■ **HOW TO COMPLETE THIS TASK**: When you reach the line that contains "pub set_stopped : (s" in the data below, start reproducing lines exactly, and stop after the line that contains "pub new_stopped : (s".

━━━ EXCERPTED DATA

-- ===== src/NetPort/Ended.antt =====
-- src/network/netport.cpp: the loop of `listen_on_socket` ends when it is to, and what `close_all`
-- does then.
use cs4500project.Prelude.{
  if◌then◌else◌, fault, undefined, ok, Bool, List, Option, [], false, some, ◌++◌, ◌∷◌, ◌≡◌, ◌⊎◌,
  inl, inr, Bool-cases,
}
use cs4500project.Prelude.Perm
use cs4500project.NetPort.{
  any_finished, Subclass, NetPort, clean_up_from, clean_up_closed, clean_up_all, accept_connection,
  Accepted, accepted, would_block, failed, work, Round, one_round, listen_loop, listen_on_socket,
  close_all, fresh,
}
use cs4500project.NetPort.Joined.{Owns, one_round-Owns, close_all-Closed, Closed}

-- What the functions of a subclass keep: a port that is stopped is not set running again.
pub record KeepsStopped {E S C : Type 0} (h : Subclass E S C) : Type 0 where
  pub set_stopped : (s : S) → h.is_running (h.with_running false s) ≡ false
  pub clean_up_stopped :
      (c : C) (s : S) → h.is_running s ≡ false → h.is_running (h.on_clean_up c s) ≡ false
  pub new_stopped : (s : S) → h.is_running s ≡ false → h.is_running (h.on_new_connection s) ≡ false
  pub work_stopped :
      (answers : E) (cs : List C) (s : S)
      → h.is_running s ≡ false
      → h.is_running (h.main_loop_work answers cs s).0 ≡ false

-- A round in which `accept` fails, or another thread stops the port.
abbrev pub Stops : {E S C : Type 0} → Subclass E S C → Round E S C → Type 0
Stops {S} h r = (r.accepting ≡ failed) ⊎ ((s : S) → h.is_running (r.others s) ≡ false)

module _ {E S C : Type 0} (h : Subclass E S C) (keeps : KeepsStopped h) where
  IsStopped : NetPort S C → Type 0
  IsStopped np = h.is_running np.own ≡ false

  clean_up_from-stopped :
      (f : C → Bool) (cs : List C) (own : S) (joined : List C)
      → h.is_running own ≡ false
      → h.is_running (clean_up_from h f cs own joined).1 ≡ false
  unfolding clean_up_from
  clean_up_from-stopped f [] own joined e = e
  clean_up_from-stopped f (c ∷ cs) own joined e = elim (Bool-cases (f c)) [
    | inl e_true ↦
        rw (e_true, clean_up_from)
          (clean_up_from-stopped f cs (h.on_clean_up c own) (joined ++ c ∷ [])
            (keeps.clean_up_stopped c own e))
    | inr e_false ↦ rw (e_false, clean_up_from) (clean_up_from-stopped f cs own joined e)
  ]

  clean_up_all-IsStopped :
      (fs : List (C → Bool)) (np : NetPort S C) → IsStopped np → IsStopped (clean_up_all h fs np)
  unfolding clean_up_all clean_up_closed IsStopped
  clean_up_all-IsStopped [] np e = e
  clean_up_all-IsStopped (f ∷ fs) np e =
      clean_up_all-IsStopped fs (clean_up_closed h f np)
        (clean_up_from-stopped f np.connections np.own np.joined e)

  accept_connection-IsStopped :
      (a : Accepted C) (np : NetPort S C) → IsStopped np → IsStopped (accept_connection h a np)
  unfolding accept_connection IsStopped
  accept_connection-IsStopped (accepted c) np e = keeps.new_stopped np.own e
  accept_connection-IsStopped would_block np e = e
  accept_connection-IsStopped failed np e = keeps.set_stopped np.own

  one_round-IsStopped :
      (r : Round E S C) (np : NetPort S C) → Stops h r → IsStopped (one_round h r np)
  unfolding one_round work accept_connection clean_up_closed IsStopped
  one_round-IsStopped r np stops =
      let np1 = clean_up_all h r.others_clean (record np { own = r.others np.own }) in
      let np2 = accept_connection h r.accepting np1 in
      let stopped : IsStopped np2 = elim stops [
        | inl e ↦ rw e (keeps.set_stopped np1.own)
        | inr lowers ↦ accept_connection-IsStopped r.accepting np1 (
            clean_up_all-IsStopped r.others_clean (record np { own = r.others np.own })
              (lowers np.own))
      ] in
      let np3 = clean_up_closed h r.is_finished np2 in
      keeps.work_stopped r.answers np3.connections np3.own
        (clean_up_from-stopped r.is_finished np2.connections np2.own np2.joined stopped)

  listen_loop-stopped :
      (rounds : List (Round E S C)) (np : NetPort S C)
      → IsStopped np
      → listen_loop h rounds np ≡ some (record np { own = h.with_running false np.own })
  unfolding listen_loop IsStopped
  listen_loop-stopped [] np e = rw e
  listen_loop-stopped (r ∷ rounds) np e = rw (e, listen_loop)

  Ended : Option (NetPort S C) → Type 0
  Ended result = (np : NetPort S C) × (result ≡ some np) × IsStopped np × Owns np

  stopped_ends :
      (rounds : List (Round E S C)) (np : NetPort S C)
      → IsStopped np
      → Owns np
      → Ended (listen_loop h rounds np)
  unfolding Ended IsStopped
  stopped_ends rounds np e owns = (
    record np { own = h.with_running false np.own },
    listen_loop-stopped rounds np e,
    keeps.set_stopped np.own,
    owns,
  )

  listen_loop-Ended :
      (before : List (Round E S C)) (r : Round E S C) (after : List (Round E S C))
      (np : NetPort S C)
      → Owns np
      → Stops h r
      → Ended (listen_loop h (before ++ r ∷ after) np)
  unfolding listen_loop Ended IsStopped
  listen_loop-Ended [] r after np owns stops = elim (Bool-cases (h.is_running np.own)) [
    | inl e_true ↦ rw e_true (
        stopped_ends after (one_round h r np) (one_round-IsStopped r np stops)
          (one_round-Owns h r np owns))
    | inr e_false ↦ stopped_ends (r ∷ after) np e_false owns
  ]
  listen_loop-Ended (x ∷ before) r after np owns stops = elim (Bool-cases (h.is_running np.own)) [
    | inl e_true ↦
        rw e_true
          (listen_loop-Ended before r after (one_round h x np) (one_round-Owns h x np owns) stops)
    | inr e_false ↦ stopped_ends (x ∷ before ++ r ∷ after) np e_false owns
  ]

  -- Once a round comes in which `accept` fails or another thread stops the port, the call of
  -- `listen_on_socket` ends and the port is stopped. If none of the connections is finished then,
  -- `close_all` leaves no connection and has joined each thread that was started for a connection
  -- of the list, by a round or by the subclass's work in the loop, just as often as it was started;
  -- if one is finished, `close_all` calls a pure virtual function, which is undefined.
  pub listen_on_socket-joined :
      (listens : Bool) (answers : E) (before : List (Round E S C)) (r : Round E S C)
      (after : List (Round E S C)) (own : S) (is_finished : C → Bool)
      → Stops h r
      → (np : NetPort S C) × (listen_on_socket h listens answers (before ++ r ∷ after) (fresh own)
          ≡ some np)
        × (h.is_running np.own ≡ false)
        × (closed : NetPort S C) × Closed h closed
        × (close_all h is_finished np
            ≡ (if any_finished h is_finished np.connections then fault undefined else ok closed))
  unfolding listen_on_socket fresh Ended IsStopped
  listen_on_socket-joined listens answers before r after own is_finished stops =
      let begun = h.initial answers (h.with_running listens own) in
      let (np, e, stopped, owns) = listen_loop-Ended before r after (fresh begun) Perm.rfl stops in
      let (closed, left, closes) = close_all-Closed h is_finished np owns in
      (np, e, stopped, closed, left, closes)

━━━━━━

■ **RESPONSE FOR THIS EXERCISE**:
  pub set_stopped : (s : S) → h.is_running (h.with_running false s) ≡ false
  pub clean_up_stopped :
      (c : C) (s : S) → h.is_running s ≡ false → h.is_running (h.on_clean_up c s) ≡ false
  pub new_stopped : (s : S) → h.is_running s ≡ false → h.is_running (h.on_new_connection s) ≡ false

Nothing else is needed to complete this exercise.